The United States Centers for Disease Control and Prevention (CDC) finally lifted the mask regulation for those who have been fully vaccinated, and the U.S. is opening again, state by state, slowly and surely. With bars and restaurants opening up across the nation, restaurateurs need to find ways to get people to come. One of the best things business owners can do now is to maximize the cultural moment, or this point in time when our entire world is experiencing the same set of preoccupations, meanings, and emotions.
If you want customers to flock to your place of business instead of to your direct competitors, here are some ways you can capitalize on the cultural moment.
Channel the joys and freedom of the roaring 20s
The 1920s were marked by the end of the Spanish Flu—a pandemic that’s not entirely different from the one we’re currently enduring. It was also a period of prohibition, which means that people were not allowed to manufacture, sell, and purchase alcohol, forcing people to be creative every time they wanted to party. Why not capitalize on the fact that we are also in the 20s and that we can have our own post-pandemic era right now? Here are some ideas for you to achieve this concept:
- Create the atmosphere by investing in some jazz musicians
- Switch to a Gatsby-inspired interior and hold flapper parties that Daisy Buchanan would be proud of
- Partner with a vape business to encourage people to find alternative and healthier ways to smoke
Bolster your delivery services
If your business survived the worst of the COVID-19 crisis, then it’s highly likely that your restaurant pivoted to delivery services as soon as lockdowns were announced early last year.
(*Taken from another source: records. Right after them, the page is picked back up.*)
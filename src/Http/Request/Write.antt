-- ===== src/Http/Request/Write.antt =====
-- `http_req_write` of src/http_req.c: the head of a request, written into a buffer of `maxlen` bytes.
use tlsuv.Base.{
  ℕ, ◌+◌, ◌%◌, ◌^◌, Bytes, Bool, false, not, ◌&&◌, ◌||◌, some, List, [], ◌∷◌, ◌++◌, bytes_eq, codes,
  ltb, leb, ◌==◌, if◌then◌else◌, length, print_decimal,
}
use tlsuv.Http.Headers.{Headers, Hdr, set_http_header}
use tlsuv.Http.UrlEncode.{write_url_encoded}
use tlsuv.Http.Types.{Req, Chunk, no_size}

-- The writer: the text so far, and `len`, the sum of the results so far. `truncated` says that an
-- `snprintf` cut its text, `overrun` that a write reached past the end of the buffer.
pub record Writer : Type 0 where
  pub text : Bytes
  pub len : ℕ
  pub truncated : Bool
  pub overrun : Bool

abbrev pub start : Writer
start = record { text = []; len = 0; truncated = false; overrun = false }

-- `len += snprintf(buf + len, maxlen - len, …)`. A NUL follows the text, and it counts in the room.
-- Where `len` is past `maxlen` the room wraps to a huge size, so all of the text is stored there.
unfoldable pub print : ℕ → Writer → Bytes → Writer
print maxlen w s = record {
  text = w.text ++ s;
  len = w.len + length s;
  truncated = w.truncated || (leb w.len maxlen && leb maxlen (w.len + length s));
  overrun = w.overrun || ltb maxlen w.len;
}

-- `len += write_url_encoded(buf + len, url)`, which is told no limit.
unfoldable pub print_url : ℕ → Writer → Bytes → Writer
print_url maxlen w url =
    let s = write_url_encoded url in
    record {
      text = w.text ++ s;
      len = w.len + length s;
      truncated = w.truncated;
      overrun = w.overrun || ltb maxlen (w.len + length s);
    }

abbrev pub crlf : Bytes
crlf = codes "\r\n"

-- One header line, `"%s: %s\r\n"`.
abbrev pub header_line : Hdr → Bytes
header_line h = h.name ++ (codes ": " ++ (h.value ++ crlf))

unfoldable pub print_headers : ℕ → Writer → Headers → Writer
print_headers maxlen w [] = w
print_headers maxlen w (h ∷ hs) = print_headers maxlen (print maxlen w (header_line h)) hs

abbrev pub has_body_method : Bytes → Bool
has_body_method method =
    bytes_eq method (codes "POST")
    || (bytes_eq method (codes "PUT") || bytes_eq method (codes "PATCH"))

-- The sum of the lengths, a `size_t`, from what is summed up so far.
unfoldable pub sum_lengths : ℕ → List Chunk → ℕ
sum_lengths req_len [] = req_len
sum_lengths req_len (c ∷ cs) = sum_lengths ((req_len + length c.chunk) % 2 ^ 64) cs

abbrev pub needs_length : Req → Bool
needs_length req =
    has_body_method req.method && (not req.req_chunked && (req.req_body_size == no_size))

-- `sprintf(length_str, "%ld", req_len)` into 16 bytes, of which the NUL takes one.
unfoldable pub overruns_length : Req → Bool
unfolding sum_lengths
overruns_length req = needs_length req && leb (10 ^ 15) (sum_lengths 0 req.req_body)

-- A body that is neither chunked nor given a length gets the length of what is queued. Of 2^63 bytes
-- and more `%ld` makes a negative number, but `length_str` is overrun before that.
unfoldable pub set_length : Req → Req
unfolding sum_lengths
set_length req =
    let n = sum_lengths 0 req.req_body in
    if needs_length req
    then record req {
      req_body_size = n;
      req_headers =
          set_http_header req.req_headers (codes "Content-Length") (some (print_decimal n));
    }
    else req

-- The request line and the head, with the client's path prefix (empty if there is none).
unfoldable pub http_req_write : Bytes → Req → ℕ → Req × Writer
unfolding print_headers
http_req_write prefix req maxlen =
    let w1 = print maxlen start (req.method ++ codes " ") in
    let w2 = print_url maxlen w1 prefix in
    let w3 = print_url maxlen w2 req.path in
    let w4 = print maxlen w3 (codes " HTTP/1.1\r\n") in
    let w5 = record w4 { overrun = w4.overrun || overruns_length req } in
    let req' = set_length req in
    (req', print maxlen (print_headers maxlen w5 req'.req_headers) crlf)
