-- ===== src/Http/Client/Send.antt =====
-- `send_body` of src/http.c: the chunks of a request's body, written to the link.
pub mod Chunked
pub mod Dechunk
use tlsuv.Base.{
  ℕ, zero, suc, ◌+◌, ◌-◌, ◌/◌, ◌%◌, ◌^◌, Bytes, Bool, true, false, Option, none, some, List, [],
  ◌∷◌, ◌++◌, codes, length, ltb, leb, if◌then◌else◌,
}
use tlsuv.Http.Types.{Req, Chunk, ReqState, body_sent, Uv, Event, link_write, chunk_done, overread}
use tlsuv.Http.Request.Write.{crlf}

abbrev pub hex_digit : ℕ → ℕ
hex_digit d = if ltb d 10 then b'0' + d else b'a' + (d - 10)

unfoldable pub print_hex_upto : ℕ → ℕ → Bytes
print_hex_upto zero n = hex_digit (n % 16) ∷ []
print_hex_upto (suc fuel) n =
    let rest = print_hex_upto fuel (n / 16) ++ hex_digit (n % 16) ∷ [] in
    if ltb n 16 then hex_digit n ∷ [] else rest

-- `%zx`; a `size_t` has at most 16 digits.
unfoldable pub print_hex : ℕ → Bytes
unfolding print_hex_upto
print_hex n = print_hex_upto 16 n

-- The size line goes through a buffer of 10 bytes, with a NUL behind it; a longer one is cut, and
-- the write then reads past the buffer.
unfoldable pub size_line : ℕ → Event
size_line n =
    let text = print_hex n ++ crlf in
    if ltb (length text) 10 then link_write text else overread (length text)

-- One chunk in the chunked coding; an empty one ends the body.
unfoldable pub chunk_writes : Bytes → List Event
chunk_writes [] = link_write (codes "0\r\n\r\n") ∷ []
chunk_writes (b ∷ bs) = size_line (length (b ∷ bs)) ∷ link_write (b ∷ bs) ∷ link_write crlf ∷ []

-- `req->state` after a chunk.
abbrev state_after_chunk : ReqState → Bytes → ReqState
state_after_chunk s [] = body_sent
state_after_chunk s (b ∷ bs) = s

-- One round of the loop on the chunk that it took off.
unfoldable pub send_chunk : Req → Chunk → Req × List Event
unfolding chunk_writes
send_chunk req b =
    let sent = (req.body_sent_size + length b.chunk) % 2 ^ 64 in
    if req.req_chunked
    then (
      record req { body_sent_size = sent; state = state_after_chunk req.state b.chunk },
      chunk_writes b.chunk,
    )
    else (
      record req {
        body_sent_size = sent;
        state = if leb req.req_body_size sent then body_sent else req.state;
      },
      link_write b.chunk ∷ [],
    )

unfoldable pub send_chunks : Req → List Chunk → Req × List Event
send_chunks req [] = (req, [])
send_chunks req (b ∷ bs) =
    let (req', events) = send_chunk req b in
    let (req'', later) = send_chunks req' bs in (req'', events ++ later)

-- The request keeps no chunk: each was handed to the link.
unfoldable pub send_body : Req → Req × List Event
send_body req = send_chunks (record req { req_body = [] }) req.req_body

-- `req_write_body_cb`, when the link is done with a chunk.
unfoldable pub req_write_body_cb : ℕ → Chunk → Uv → List Event
req_write_body_cb id c status = if c.has_cb then chunk_done id c.chunk status ∷ [] else []
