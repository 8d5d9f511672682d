-- ===== src/Http/Client/Process.antt =====
-- `process_requests` of src/http.c: what the async handle runs.
pub mod Order
pub mod Once
use tlsuv.Base.{
  ℕ, Bytes, Bool, true, false, not, ◌&&◌, ◌||◌, Option, none, some, List, [], ◌∷◌, ◌++◌, ltb,
  if◌then◌else◌,
}
use tlsuv.Http.Types.{
  Req, ReqState, headers_sent, body_sent, rank, Uv, Event, link_write, overread, proc_unref,
  timer_idle, timer_connect, src_connect,
}
use tlsuv.Http.Request.Write.{Writer, http_req_write}
use tlsuv.Http.Client.{
  Client, Status, disconnected, connecting, handshaking, connected, ◌then_do◌, announce,
}
use tlsuv.Http.Client.Connect.{src_connect_cb}
use tlsuv.Http.Client.Send.{send_body}

-- The next request becomes active if none is.
unfoldable pub take_next : Client → Client
take_next c = elim c.active [
  | some r ↦ c
  | none ↦ elim c.requests [ [] ↦ c | r ∷ rs ↦ record c { active = some r; requests = rs } ]
]

abbrev pub prefix_bytes : Option Bytes → Bytes
prefix_bytes none = []
prefix_bytes (some p) = p

-- The size of the buffer for the head.
abbrev pub head_size : ℕ
head_size = 8196

-- The write of the head, which reads past the buffer where the head did not fit.
abbrev pub head_write : Writer → Event
head_write w = if w.truncated || w.overrun then overread w.len else link_write w.text

unfoldable pub send_head : Bytes → Req → Req × List Event
send_head prefix req =
    let (req', w) = http_req_write prefix req head_size in
    if ltb (rank req.state) (rank headers_sent)
    then (record req' { state = headers_sent }, head_write w ∷ [])
    else (req, [])

unfoldable pub send_rest : Req → Req × List Event
send_rest req = if ltb (rank req.state) (rank body_sent) then send_body req else (req, [])

-- A connected client and its active request.
unfoldable pub send_request : Bytes → Req → Req × List Event
send_request prefix req =
    let (req', head) = send_head prefix req in
    let (req'', body) = send_rest req' in (req'', head ++ body)

-- The start of a connection; `failed` is the result of `src->connect` where that is not 0.
unfoldable pub start_connect : Client → Option (Uv × Bytes) → Client × List Event
start_connect c failed =
    (
      record c { status = connecting },
      (if ltb 0 c.connect_timeout then timer_connect c.connect_timeout ∷ [] else [])
          ++ (src_connect ∷ []),
    )
    then_do λ c. elim failed [ none ↦ (c, []) | some e ↦ src_connect_cb c (some e) ]

-- With no request left, a connected client waits for the idle time.
unfoldable pub go_idle : Client → Client × List Event
go_idle c = elim c.status [
  | connected ↦ elim c.idle_time [
    | none ↦ (c, proc_unref ∷ [])
    | some t ↦ (c, timer_idle t ∷ proc_unref ∷ [])
  ]
  | disconnected ↦ (c, proc_unref ∷ [])
  | connecting ↦ (c, proc_unref ∷ [])
  | handshaking ↦ (c, proc_unref ∷ [])
]

unfoldable pub serve_active : Client → Req → Option (Uv × Bytes) → Client × List Event
unfolding start_connect send_request
serve_active c r failed = elim c.status [
  | disconnected ↦ start_connect c failed
  | connecting ↦ (c, [])
  | handshaking ↦ (c, [])
  | connected ↦
      let (r', events) = send_request (prefix_bytes c.prefix) r in
      (record c { active = some r' }, events)
]

unfoldable pub process_requests : Client → Option (Uv × Bytes) → Client × List Event
process_requests c failed =
    let c' = take_next c in elim c'.active [ none ↦ go_idle c' | some r ↦ serve_active c' r failed ]
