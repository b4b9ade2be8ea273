-- ===== src/Engine/Value/Walk.antt =====
-- engine.c: the value that is found is that of the path of properties.
use planck.Text.{tokens}
use planck.Text.Tokens.{tokens-cons, tokens-one}
use planck.Munge.{munge}
use planck.Engine.Value.{Objects, walk, get_value}
use planck.Prelude.{◌≡◌, refl, ap, ◌∙◌, false, some, List, [], ◌∷◌, ◌++◌, Bytes, Free}

-- The parts of a namespace with dots between them; no part is empty or has a dot.
abbrev pub dotted : Bytes → List Bytes → Bytes
dotted part [] = part
dotted part (next ∷ parts) = part ++ b'.' ∷ dotted next parts

abbrev pub IsPart : Bytes → Type 0
IsPart [] = ⊥
IsPart (c ∷ cs) = Free b'.' (c ∷ cs)

abbrev pub AllParts : List Bytes → Type 0
AllParts [] = Unit
AllParts (part ∷ parts) = IsPart part × AllParts parts

tokens-dotted :
    (part : Bytes) (parts : List Bytes)
    → IsPart part
    → AllParts parts
    → tokens b'.' (dotted part parts) ≡ part ∷ parts
tokens-dotted [] parts p all = absurd p
tokens-dotted (c ∷ cs) [] p all = tokens-one b'.' c cs p
tokens-dotted (c ∷ cs) (next ∷ parts) p all =
    tokens-cons b'.' c cs (dotted next parts) p
    ∙ ap (◌∷◌ (c ∷ cs)) (tokens-dotted next parts all.0 all.1)

module _ {V O : Type 0} (js : Objects V O) where
  -- A chain of objects, each the property of the one before with the munged name of a part.
  pub data Leads : O → List Bytes → O → Type 0 where
    here : {o : O} → Leads o [] o
    along :
        {o next end : O} {part : Bytes} {parts : List Bytes}
        → js.is_undefined (js.property o (munge part)) ≡ false
        → js.to_object (js.property o (munge part)) ≡ some next
        → Leads next parts end
        → Leads o (part ∷ parts) end

  walk_lem :
      (parts : List Bytes) (name part : Bytes) {o end : O}
      → Leads o (part ∷ parts) end
      → walk js parts name (js.property o (munge part)) ≡ some (js.property end (munge name))
  unfolding walk
  walk_lem [] name part (along defined object here) = rw object refl
  walk_lem (next ∷ parts) name part (along defined object rest) =
      rw defined (rw object (walk_lem parts name next rest))

  -- Where each part of the namespace leads to an object, the value is the property of the last one
  -- that has the munged name.
  pub get_value_lem :
      {end : O} (part : Bytes) (parts : List Bytes) (name : Bytes)
      → IsPart part
      → AllParts parts
      → Leads js.global (part ∷ parts) end
      → get_value js (dotted part parts) name ≡ some (js.property end (munge name))
  unfolding get_value
  get_value_lem part parts name p all leads =
      rw (tokens-dotted part parts p all) (walk_lem parts name part leads)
You must have mastered the art and science of excellent delivery services, and you must for sure be more aware of the best practices that will keep your customers coming back for more. Now that the world is opening up again, surely we no longer need delivery services?
Experts say we still do. We live in a time when customers are most accessible to restaurateurs, and even before the pandemic, this trend has seen steady growth, and the numbers project that food delivery sales will grow to as much as $220 billion by 2023. This is hypergrowth that was no doubt accelerated by the pandemic, but it’s a revolution that has been taking place long before the novel coronavirus found its first host. This is why pandemic or not, economic lockdown or not, you will need to keep bolstering and improving your delivery services. You must continuously find ways to improve your operations to ensure that your customers keep coming back. Here are some ways you can capitalize on quarantine trends that will most likely remain post-pandemic:
- Design menus, meals, and lunch boxes for employees working from home. Not everyone has time to cook, so you will be servicing a sector of society (or at the very least, your town) that has a demand for sumptuous food delivered straight to their door.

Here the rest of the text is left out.